• The problem
In the listing below, locate the line containing "pub local_node : ns'.local_node"; reproduce that line and all lines that follow it, unchanged.

Records to use below:

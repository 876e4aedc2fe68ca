-- ===== src/Ns/Invariant.antt =====
-- The invariant of the name server of src/ns.c.
use qrtr.Base.{ℕ, ◌<◌, ◌≡◌, ◌≢◌, List, [], ◌∷◌, refl, some, u32_mod}
use qrtr.Hash.{hash_u32}
use qrtr.Map.{Map, item, slot_at, map_get}
use qrtr.Map.Probe.{IsValid, IsDistinct}
use qrtr.Map.Round.{IsTombless}
use qrtr.Map.Rehash.{IsBounded}
use qrtr.Ns.State.{Server, Node, Lookup, Ns, Env}
use qrtr.Ns.Registry.{services_of}

-- A server stands under the hash of its port, on its node, with a service and a port.
pub record IsServer (node_id key : ℕ) (srv : Server) : Type 0 where
  pub keyed : key ≡ hash_u32 srv.port
  pub placed : srv.node ≡ node_id
  pub has_service : srv.service ≢ 0
  pub has_port : srv.port ≢ 0

-- A valid table of the servers of a node.
pub record IsServices (node_id : ℕ) (m : Map Server) : Type 0 where
  pub valid : IsValid m
  pub mine : (q key : ℕ) (srv : Server) → slot_at m q ≡ item key srv → IsServer node_id key srv

-- Observers are clients of the local node.
abbrev pub AreLocal : ℕ → List Lookup → Type 0
AreLocal node_id [] = Unit {0}
AreLocal node_id (l ∷ ls) = (l.sq.node ≡ node_id) × AreLocal node_id ls

pub record IsRegistry (ns : Ns) : Type 0 where
  pub valid : IsValid ns.nodes
  pub distinct : IsDistinct ns.nodes
  pub tombless : IsTombless ns.nodes
  pub ids :
      (key : ℕ) (node : Node)
      → map_get ns.nodes key ≡ some node
      → (node.id < u32_mod) × (key ≡ hash_u32 node.id)
  pub servers : (node_id : ℕ) → node_id < u32_mod → IsServices node_id (services_of ns node_id)
  pub observers : AreLocal ns.local_node ns.lookups
  pub home : ns.local_node < u32_mod

-- The allocator gives no table of 2 ^ 31 entries or more.
pub record IsSane (env : Env) : Type 0 where
  pub nodes : IsBounded env.calloc_nodes
  pub services : IsBounded env.calloc_services

-- Everything of the state but the servers' tables is the same.
pub record Frame (ns ns' : Ns) : Type 0 where
  pub sock : ns'.sock ≡ ns.sock
  pub local_node : ns'.local_node ≡ ns.local_node
  pub lookups : ns'.lookups ≡ ns.lookups
  pub sent : ns'.sent ≡ ns.sent

pub Frame-refl : (ns : Ns) → Frame ns ns
Frame-refl ns = record { sock = refl; local_node = refl; lookups = refl; sent = refl }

End of Records to use.

• The answer
  pub local_node : ns'.local_node ≡ ns.local_node
  pub lookups : ns'.lookups ≡ ns.lookups
  pub sent : ns'.sent ≡ ns.sent

pub Frame-refl : (ns : Ns) → Frame ns ns
Frame-refl ns = record { sock = refl; local_node = refl; lookups = refl; sent = refl }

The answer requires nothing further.